For Western blots, follow the general procedure of protein extraction under denaturing conditions, determination of protein concentration, SDS-PAGE protein electrophoresis, and appropriate detection methods .
To enhance signal-to-noise ratio in immunoprecipitation of SPBC119.09c:
Pre-clear lysates: Incubate cell lysates with beads alone before adding antibody to remove proteins that bind non-specifically to beads.
Optimize salt concentration: Adjust salt concentration in wash buffers to reduce non-specific interactions while maintaining specific binding.
Use tandem purification: Consider a two-step purification approach like the TAP-tag method described, where FLAG-antibody purification is followed by HA magnetic bead purification .
Control bead-to-lysate ratio: Too many beads can increase non-specific binding; optimize this ratio empirically.
Include appropriate controls: Always include a negative control (e.g., cells expressing the tag alone) for comparison .
Consider crosslinking: In some cases, gentle crosslinking can stabilize interactions while allowing more stringent washing.
For accurate quantification of SPBC119.09c across different conditions:
For reliable quantification:
Include appropriate loading controls and normalization methods
Use technical and biological replicates
Consider implementing internal standards for absolute quantification
Validate results using complementary methods (e.g., confirm Western blot findings with mass spectrometry)
Emerging antibody technologies offer new opportunities for SPBC119.09c research:
Nanobodies: Single-domain antibodies derived from camelids offer smaller size for accessing restricted epitopes and superior performance in live-cell imaging.
Intrabodies: Antibodies engineered to function within living cells can track SPBC119.09c in real-time and potentially disrupt specific interactions.
Optogenetic antibody tools: Light-activatable antibody systems allow temporal control of protein inhibition or visualization.
Mass cytometry (CyTOF): Metal-conjugated antibodies enable highly multiplexed analysis of SPBC119.09c in relation to dozens of other cellular markers simultaneously.
Proximity labeling: Antibody-enzyme fusions that catalyze labeling of proximal proteins can map the SPBC119.09c interactome with spatial and temporal resolution.
These technologies could help resolve outstanding questions about SPBC119.09c's dynamic interactions, regulatory mechanisms, and functions in different cellular compartments.

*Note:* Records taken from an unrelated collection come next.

-- ===== src/BuildScript/Loading.antt =====
-- The build from end to end: which modules the loader is written for.
use bouclier_bleu.Base.{
  ◌≡◌, refl, ◌⊎◌, inl, inr, Bool, true, false, not, ◌&&◌, Option, none, some, List, [], ◌∷◌, Text,
  Line, codes, lit, Outcome, ok, err, if◌then◌else◌, All,
}
use bouclier_bleu.Exec.{pure, fail, ◌>>=◌}
use bouclier_bleu.Exec.Ensures.{Holds, Leads, Ensures, bind-Leads}
use bouclier_bleu.BuildScript.{
  ModuleNames, BpfFile, Toolchain, Variables, Build, Script, suffix, bpf_dir, join, ends_with,
  has_extension, trim_end_matches, expect, pushed, scan, listing, store, main, given, say,
  available_modules,
}
use bouclier_bleu.BuildScript.Names.{has_extension-suffix}
use bouclier_bleu.BuildScript.Steps.{
  modules_of, Works, IsFit, Any, Start, Panic, Named, where_works, expect-Leads, include_dir-Leads,
  vmlinux-Leads, generate-Leads,
}

-- An outcome that no panic can have.
succeeded :
    {S : Type 0} (names : List Text) (r : Outcome Line (List ModuleNames) × S)
    → Holds (λ ms s. available_modules ms ≡ names) (λ s. ⊥) r
    → (ms : List ModuleNames) × (r.0 ≡ ok ms) × (available_modules ms ≡ names)
succeeded names (ok ms, s) h = (ms, refl, h)
succeeded names (err why, s) h = absurd h

module _ (tools : Toolchain) (R : Type 0) where
  -- The loop.
  abbrev Complete : List Text → List ModuleNames → Build tools → Type 0
  Complete names ms b = available_modules ms ≡ names

  pushed-Leads :
      (base : Text) (names : List Text) (task : Script tools ModuleNames)
      (rest : Script tools (List ModuleNames))
      → Leads (Start tools R) task ((Named tools R) base) (Panic tools R)
      → Leads (Start tools R) rest (Complete names) (Panic tools R)
      → Leads (Start tools R) (pushed tools task rest) (Complete (base ∷ names)) (Panic tools R)
  unfolding available_modules
  pushed-Leads base names task rest first others =
      bind-Leads (Start tools R) ((Named tools R) base) (Complete (base ∷ names)) (Panic tools R)
        task _ first
        λ g b e.
          bind-Leads (Start tools R) (Complete names) (Complete (base ∷ names)) (Panic tools R) rest
            _ others (λ ms b' h. rw (e, h) refl) b tt

  -- One entry: the test of the extension refuses nothing that ends with the suffix.
  entry-Leads :
      (is_file is_c is_utf8 is_bpf : Bool) (message : Line) (base : Text) (names : List Text)
      (task others : Script tools (List ModuleNames))
      → (is_bpf ≡ true → is_c ≡ true)
      → R ⊎ ((is_file && is_c ≡ true) → is_utf8 ≡ true)
      → ((is_file && is_bpf ≡ true)
          → Leads (Start tools R) task (Complete (base ∷ names)) (Panic tools R))
      → Leads (Start tools R) others (Complete names) (Panic tools R)
      → Leads
          (Start tools R)
          (if is_file && is_c
            then if not is_utf8 then fail message else if is_bpf then task else others
            else others)
          (Complete (if is_file && is_bpf then base ∷ names else names))
          (Panic tools R)
  entry-Leads false is_c is_utf8 is_bpf message base names task others sub utf8 one rest = rest
  entry-Leads true true true true message base names task others sub utf8 one rest = one refl
  entry-Leads true true true false message base names task others sub utf8 one rest = rest
  entry-Leads true true false is_bpf message base names task others sub (inl r) one rest = λ b h. r
  entry-Leads true true false is_bpf message base names task others sub (inr u) one rest =
      λ b h. cc (u refl)
  entry-Leads true false is_utf8 true message base names task others sub utf8 one rest =
      λ b h. cc (sub refl)
  entry-Leads true false is_utf8 false message base names task others sub utf8 one rest = rest

  scan-Leads :
      (out_dir : Text) (entries : List (Option BpfFile))
      → R ⊎ Works tools
      → R ⊎ All (IsFit tools) entries
      → Leads
          (Start tools R)
          (scan tools out_dir entries)
          (Complete (modules_of entries))
          (Panic tools R)
  unfolding scan available_modules
  scan-Leads out_dir [] works fit = λ b h. refl
  scan-Leads out_dir (none ∷ rest) works (inl r) = λ b h. r
  scan-Leads out_dir (none ∷ rest) works (inr fit) = absurd fit.0
  scan-Leads out_dir (some e ∷ rest) works fit =
      let base = trim_end_matches e.name suffix in
      let later = scan-Leads out_dir rest works (where_works tools R (λ f. f.1) fit) in
      entry-Leads e.is_file (has_extension (codes "c") e.name) e.is_utf8 (ends_with e.name suffix) _
        base (modules_of rest) _ _ (has_extension-suffix e.name)
        (where_works tools R (λ f. f.0.0) fit)
        (λ source.
          pushed-Leads base (modules_of rest) _ _
            (generate-Leads tools R out_dir e.name works
              (where_works tools R (λ f. f.0.1 source) fit))
            later)
        later

  given-Leads :
      {A : Type 0} (message : Line) (o : Option A)
      → R ⊎ ((a : A) × (o ≡ some a))
      → Leads (Start tools R) (given tools message o) (Any tools R) (Panic tools R)
  given-Leads message (some a) h b _ = tt
  given-Leads message none (inl r) b _ = r
  given-Leads message none (inr (a, h)) b _ = cc h

  listing-Leads :
      (entries : List (Option BpfFile))
      → ((m : tools.State) → tools.read_dir bpf_dir m ≡ some entries)
      → Leads (Start tools R) (listing tools) (λ es b. es ≡ entries) (Panic tools R)
  unfolding listing
  listing-Leads entries lists b _ = rw (lists b.machine) refl

  -- What runs before it is of no concern.
  preceded :
      {A : Type 0} (names : List Text) (task : Script tools A)
      (next : A → Script tools (List ModuleNames))
      → Leads (Start tools R) task (Any tools R) (Panic tools R)
      → ((a : A) → Leads (Start tools R) (next a) (Complete names) (Panic tools R))
      → Leads (Start tools R) (task >>= next) (Complete names) (Panic tools R)
  preceded names task next =
      bind-Leads (Start tools R) (Any tools R) (Complete names) (Panic tools R) task next

  store-Leads :
      (names : List Text) (out_dir : Text) (ms : List ModuleNames)
      → R ⊎ Works tools
      → available_modules ms ≡ names
      → Leads (Start tools R) (store tools out_dir ms) (Complete names) (Panic tools R)
  unfolding store
  store-Leads names out_dir ms works e =
      let message : Line = lit "Failed to write bpf_loader.rs" ∷ [] in
      let path = join out_dir (codes "bpf_loader.rs") in
      let write = tools.write path (tools.render ms) in
      preceded names (expect tools message write) (λ _. pure ms)
        (expect-Leads tools R message write
          (where_works tools R (λ w. w.writes path (tools.render ms)) works))
        λ done b _. e

  pub main-Leads :
      (vars : Variables) (entries : List (Option BpfFile))
      → ((m : tools.State) → tools.read_dir bpf_dir m ≡ some entries)
      → R ⊎ Works tools
      → R ⊎ ((dir : Text) × (vars.out_dir ≡ some dir))
      → R ⊎ All (IsFit tools) entries
      → Leads (Start tools R) (main tools vars) (Complete (modules_of entries)) (Panic tools R)
  unfolding main
  main-Leads vars entries lists works dir fit =
      let names = modules_of entries in
      preceded names _ _ (given-Leads _ vars.out_dir dir) λ out_dir.
        preceded names (say tools _) _ (λ b _. tt)
          λ said. preceded names _ _ (include_dir-Leads tools R works) λ made.
            preceded names _ _ (vmlinux-Leads tools R vars.vmlinux_h_path works) λ typed.
              bind-Leads (Start tools R) (λ es b. es ≡ entries) (Complete names) (Panic tools R)
                (listing tools) (λ es. scan tools out_dir es >>= store tools out_dir)
                (listing-Leads entries lists)
                λ es b same.
                  bind-Leads (Start tools R) (Complete names) (Complete names) (Panic tools R)
                    (scan tools out_dir es) (store tools out_dir)
                    (rw same (scan-Leads out_dir entries works fit))
                    (λ ms b' e. store-Leads names out_dir ms works e b' tt) b tt

module _ (tools : Toolchain) (vars : Variables) (entries : List (Option BpfFile)) where
  -- Where the directory bpf reads as these entries whenever it is read, a build that ends without a
  -- panic has written a loader for exactly the modules whose C files are among them, in their order.
  pub main-Complete :
      ((m : tools.State) → tools.read_dir bpf_dir m ≡ some entries)
      → (b : Build tools)
      → Ensures (λ ms _. available_modules ms ≡ modules_of entries) (main tools vars b)
  main-Complete lists b =
      main-Leads tools (Unit {0}) vars entries lists (inl tt) (inl tt) (inl tt) b tt

  -- Where every call succeeds, the directory bpf reads as these entries whenever it is read, the output
  -- directory is given, and the C files' names can be read and give identifiers, the build ends without
  -- a panic, with a loader for exactly the modules whose C files are among the entries, in their order.
  pub main-Builds :
      ((m : tools.State) → tools.read_dir bpf_dir m ≡ some entries)
      → Works tools
      → ((dir : Text) × (vars.out_dir ≡ some dir))
      → All (IsFit tools) entries
      → (b : Build tools)
      → (ms : List ModuleNames) × ((main tools vars b).0 ≡ ok ms)
        × (available_modules ms ≡ modules_of entries)
  main-Builds lists works dir fit b =
      succeeded _ (main tools vars b)
        (main-Leads tools ⊥ vars entries lists (inr works) (inr dir) (inr fit) b tt)
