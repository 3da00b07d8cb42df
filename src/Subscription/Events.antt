-- ===== src/Subscription/Events.antt =====
-- packages/webhook-api/src/domain/subscription/events: the domain events; and the domain's port
-- packages/webhook-api/src/domain/ports/clock.port.ts.
use webhook_idp.Common.Text.{Text}
use webhook_idp.Common.{ℕ, ◌+◌}

-- A `Date`, as its milliseconds.
abbrev pub Date : Type 0
Date = ℕ

pub data EventClass : Type 0 where
  subscription_created subscription_paused subscription_resumed subscription_deleted : EventClass

pub record DomainEvent : Type 0 where
  pub class : EventClass
  pub aggregate_id : Text
  pub occurred_at : Date

-- The clock: what it will read, and how often it has been read.
pub record Clock : Type 0 where
  pub readings : ℕ → Date
  pub reads : ℕ

-- `clock.now()`: the reading, and the clock after it.
abbrev pub now : Clock → Date
now c = c.readings c.reads

abbrev pub tick : Clock → Clock
tick c = record c { reads = c.reads + 1 }
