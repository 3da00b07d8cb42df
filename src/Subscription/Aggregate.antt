-- ===== src/Subscription/Aggregate.antt =====
-- packages/webhook-api/src/domain/subscription/aggregates/subscription.aggregate.ts. A method works
-- on the object and on the clock that it is handed, and may throw.
pub mod Methods
pub mod Lifecycle
pub mod Changes
pub mod History
use webhook_idp.Common.{
  Bool, true, false, not, if◌then◌else◌, List, [], ◌∷◌, ◌++◌, Option, ◌==◌, length,
}
use webhook_idp.Common.Text.{Text, txt}
use webhook_idp.Common.Exec.{Result, ok, err}
use webhook_idp.Common.State.{Exec}
use webhook_idp.Subscription.Errors.{DomainError, invalid_event_type, invalid_status_transition}
use webhook_idp.Subscription.ValueObjects.{
  TenantId, ClientId, UserId, EventType, SubscriptionId, SubscriptionStatus, active, paused,
  deleted, subscription_id_generate,
}
use webhook_idp.Subscription.TargetUrl.{TargetUrl}
use webhook_idp.Subscription.Events.{
  Date, EventClass, subscription_created, subscription_paused, subscription_resumed,
  subscription_deleted, DomainEvent, Clock, now, tick,
}

pub record CreateWebhookSubscriptionParams : Type 0 where
  pub tenant_id : TenantId
  pub created_by_client_id : ClientId
  pub created_by_user_id : Option UserId
  pub target_url : TargetUrl
  pub subscribed_event_types : List EventType

pub record RestoreWebhookSubscriptionProps : Type 0 where
  pub id : SubscriptionId
  pub tenant_id : TenantId
  pub created_by_client_id : ClientId
  pub created_by_user_id : Option UserId
  pub target_url : TargetUrl
  pub subscribed_event_types : List EventType
  pub status : SubscriptionStatus
  pub created_at : Date
  pub updated_at : Date

pub record WebhookSubscription : Type 0 where
  pub id : SubscriptionId
  pub tenant_id : TenantId
  pub created_by_client_id : ClientId
  pub created_by_user_id : Option UserId
  pub target_url : TargetUrl
  pub event_types : List EventType
  pub status : SubscriptionStatus
  pub created_at : Date
  pub updated_at : Date
  pub domain_events : List DomainEvent

-- The object under its method, with the clock.
pub record Held : Type 0 where
  pub self : WebhookSubscription
  pub clock : Clock

-- The string that a status is in the source.
unfoldable pub status_text : SubscriptionStatus → Text
status_text active = txt "ACTIVE"
status_text paused = txt "PAUSED"
status_text deleted = txt "DELETED"

-- `===` on statuses.
unfoldable pub status_equals : SubscriptionStatus → SubscriptionStatus → Bool
status_equals active active = true
status_equals paused paused = true
status_equals deleted deleted = true
status_equals _ _ = false

assert_non_empty_event_types : List EventType → Result DomainError (Unit {0})
assert_non_empty_event_types event_types =
    if length event_types == 0
    then err (invalid_event_type (txt "subscribedEventTypes must not be empty"))
    else ok tt

-- `this.record(new E(this.id.toString(), at))`
record_event : EventClass → Date → WebhookSubscription → WebhookSubscription
record_event class at self = record self {
  domain_events =
      self.domain_events
      ++ record { class = class; aggregate_id = self.id.value; occurred_at = at } ∷ [];
}

-- The object that `create` makes, at the id that `uuidv7()` returns.
created : (uuid : Text) → CreateWebhookSubscriptionParams → Date → WebhookSubscription
unfolding record_event
created uuid params at = record_event subscription_created at (record {
  id = subscription_id_generate uuid;
  tenant_id = params.tenant_id;
  created_by_client_id = params.created_by_client_id;
  created_by_user_id = params.created_by_user_id;
  target_url = params.target_url;
  event_types = params.subscribed_event_types;
  status = active;
  created_at = at;
  updated_at = at;
  domain_events = [];
})

-- `WebhookSubscription.create`: the new object, and the clock after it was read.
unfoldable pub create :
    (uuid : Text)
    → CreateWebhookSubscriptionParams
    → Clock
    → Result DomainError WebhookSubscription × Clock
unfolding assert_non_empty_event_types created
create uuid params clock = elim (assert_non_empty_event_types params.subscribed_event_types) [
  | err e ↦ (err e, clock)
  | ok _ ↦ (ok (created uuid params (now clock)), tick clock)
]

-- `WebhookSubscription.restore`
unfoldable pub restore : RestoreWebhookSubscriptionProps → WebhookSubscription
restore props = record {
  id = props.id;
  tenant_id = props.tenant_id;
  created_by_client_id = props.created_by_client_id;
  created_by_user_id = props.created_by_user_id;
  target_url = props.target_url;
  event_types = props.subscribed_event_types;
  status = props.status;
  created_at = props.created_at;
  updated_at = props.updated_at;
  domain_events = [];
}

-- `this.statusValue = status; this.updatedAtValue = clock.now(); this.record(new E(…))`
pub set_status : SubscriptionStatus → EventClass → Held → Held
set_status status class s = record {
  self =
      record_event class (now s.clock)
        (record s.self { status = status; updated_at = now s.clock });
  clock = tick s.clock;
}

unfoldable pub pause : Exec Held DomainError (Unit {0})
unfolding set_status record_event
pause s =
    if not (status_equals s.self.status active)
    then (
      err (
          invalid_status_transition
            (txt "Cannot pause a subscription in status " ++ status_text s.self.status)),
      s,
    )
    else (ok tt, set_status paused subscription_paused s)

unfoldable pub resume : Exec Held DomainError (Unit {0})
unfolding set_status record_event
resume s =
    if not (status_equals s.self.status paused)
    then (
      err (
          invalid_status_transition
            (txt "Cannot resume a subscription in status " ++ status_text s.self.status)),
      s,
    )
    else (ok tt, set_status active subscription_resumed s)

unfoldable pub delete : Exec Held DomainError (Unit {0})
unfolding set_status record_event
delete s =
    if status_equals s.self.status deleted
    then (ok tt, s)
    else (ok tt, set_status deleted subscription_deleted s)

assert_mutable : Exec Held DomainError (Unit {0})
assert_mutable s =
    if status_equals s.self.status deleted
    then (err (invalid_status_transition (txt "Cannot update a deleted subscription")), s)
    else (ok tt, s)

unfoldable pub update_target_url : TargetUrl → Exec Held DomainError (Unit {0})
unfolding assert_mutable
update_target_url target_url s = elim (assert_mutable s).0 [
  | err e ↦ (err e, s)
  | ok _ ↦ (
    ok tt,
    record {
      self = record s.self { target_url = target_url; updated_at = now s.clock };
      clock = tick s.clock;
    },
  )
]

unfoldable pub update_subscribed_event_types : List EventType → Exec Held DomainError (Unit {0})
unfolding assert_mutable assert_non_empty_event_types
update_subscribed_event_types event_types s = elim (assert_mutable s).0 [
  | err e ↦ (err e, s)
  | ok _ ↦ elim (assert_non_empty_event_types event_types) [
    | err e ↦ (err e, s)
    | ok _ ↦ (
      ok tt,
      record {
        self = record s.self { event_types = event_types; updated_at = now s.clock };
        clock = tick s.clock;
      },
    )
  ]
]

-- `pullDomainEvents`: the events recorded since the last call, and the object without them.
unfoldable pub pull_domain_events : WebhookSubscription → List DomainEvent × WebhookSubscription
pull_domain_events self = (self.domain_events, record self { domain_events = [] })
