-- ===== src/UseCases/Ports.antt =====
-- packages/webhook-api/src/domain/ports/*.ts and packages/webhook-api/src/application/errors/*.ts:
-- what the use cases are given, and what they throw. The repository is an interface: its
-- operations, and the law of each in terms of the documents that the database holds.
use webhook_idp.Subscription.Aggregate.{WebhookSubscription}
use webhook_idp.Subscription.Errors.{DomainError}
use webhook_idp.Subscription.TargetUrl.{UrlParser, TargetUrl}
use webhook_idp.Subscription.ValueObjects.{TenantId, EventType, SubscriptionId, SubscriptionStatus}
use webhook_idp.Common.Exec.{Result, ok, err, ◌>>=◌}
use webhook_idp.Common.Text.{Text, ◌===◌}
use webhook_idp.Common.{ℕ, ◌≡◌, ◌≢◌, ◌⊎◌, Bool, Option, none, some, List, if◌then◌else◌}
use webhook_idp.Common.State.{Exec}
use webhook_idp.Persistence.{SubscriptionRecord, to_document, to_aggregate}

pub data ApplicationError : Type 0 where
  subscription_not_found duplicate_subscription : Text → ApplicationError

-- What a use case may throw. `infrastructure` is an error that is none of the program's: a rejection
-- by the database, or a `TypeError`.
pub data Exception : Type 0 where
  domain : DomainError → Exception
  application : ApplicationError → Exception
  infrastructure : Text → Exception

pub record SubscriptionListFilters : Type 0 where
  pub status : Option SubscriptionStatus
  pub event_type : Option EventType

pub record Pagination : Type 0 where
  pub page : ℕ
  pub page_size : ℕ

pub record PaginatedResult {ℓ} (T : Type ℓ) : Type ℓ where
  pub items : List T
  pub page : ℕ
  pub page_size : ℕ
  pub total : ℕ

-- A document, read back for a caller of `findByIdAndTenant`.
abbrev pub read_for :
    (Text → Bool)
    → UrlParser
    → TenantId
    → Option SubscriptionRecord
    → Result DomainError (Option WebhookSubscription)
read_for is_valid_uuid parse tenant none = ok none
read_for is_valid_uuid parse tenant (some doc) =
    if doc.tenant_id === tenant.value
    then to_aggregate is_valid_uuid parse doc >>= (λ s. ok (some s))
    else ok none

module _ (is_valid_uuid : Text → Bool) (parse : UrlParser) where
  -- `Db` is the state of the database, and `document` what it holds under an id.
  pub record SubscriptionRepository : Type 1 where
    pub Db : Type 0
    pub document : Db → Text → Option SubscriptionRecord
    pub save : WebhookSubscription → Exec Db Exception (Unit {0})
    pub find_by_id_and_tenant :
        SubscriptionId → TenantId → Db → Result Exception (Option WebhookSubscription)
    pub find_by_tenant_and_target_url :
        TenantId → TargetUrl → Db → Result Exception (Option WebhookSubscription)
    pub list :
        TenantId
        → SubscriptionListFilters
        → Pagination
        → Db
        → Result Exception (PaginatedResult WebhookSubscription)
    -- A document lies under its own id.
    pub document-id :
        (db : Db) (key : Text) (doc : SubscriptionRecord)
        → document db key ≡ some doc
        → doc.id ≡ key
    -- A save that succeeds replaces the document under the subscription's id, and no other.
    pub save-document :
        (s : WebhookSubscription) (db : Db) (key : Text)
        → (save s db).0 ≡ ok tt
        → document (save s db).1 key
          ≡ (if key === s.id.value then some (to_document s) else document db key)
    -- A write of one document is atomic: a save that throws has replaced the document as a whole, as
    -- where the reply was lost, or has changed nothing.
    pub save-whole :
        (s : WebhookSubscription) (db : Db) (e : Exception)
        → (save s db).0 ≡ err e
        → ((key : Text) → document (save s db).1 key ≡ document db key)
          ⊎ ((key : Text)
              → document (save s db).1 key
                ≡ (if key === s.id.value then some (to_document s) else document db key))
    -- A read by id and tenant that returns has read the document under that id.
    pub find_by_id-document :
        (id : SubscriptionId) (tenant : TenantId) (db : Db) (found : Option WebhookSubscription)
        → find_by_id_and_tenant id tenant db ≡ ok found
        → read_for is_valid_uuid parse tenant (document db id.value) ≡ ok found
    -- A read by tenant and URL finds a document if there is one.
    pub find_by_url-document :
        (tenant : TenantId) (url : TargetUrl) (db : Db) (key : Text) (doc : SubscriptionRecord)
        → find_by_tenant_and_target_url tenant url db ≡ ok none
        → document db key ≡ some doc
        → doc.tenant_id ≡ tenant.value
        → doc.target_url ≢ url.value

When designing cross-species studies of SPBC119.09c:
Sequence homology analysis: Determine the degree of conservation between SPBC119.09c and its orthologs in other species to guide epitope selection for antibodies.
Expression system compatibility: Consider species-specific promoters and expression levels when creating tagged constructs for comparative studies.
Antibody cross-reactivity testing: Validate whether antibodies against S. pombe SPBC119.09c recognize orthologs in other species, or whether species-specific antibodies are required.
Control for cellular context differences: ORMDL family proteins may have divergent functions or interaction partners across species, requiring careful interpretation of results.
Complementation assays: Test functional conservation by expressing SPBC119.09c orthologs in S. pombe deletion mutants and vice versa.
Researchers should standardize experimental conditions as much as possible while accounting for species-specific differences in optimal growth conditions, cell wall composition, and genetic manipulation techniques.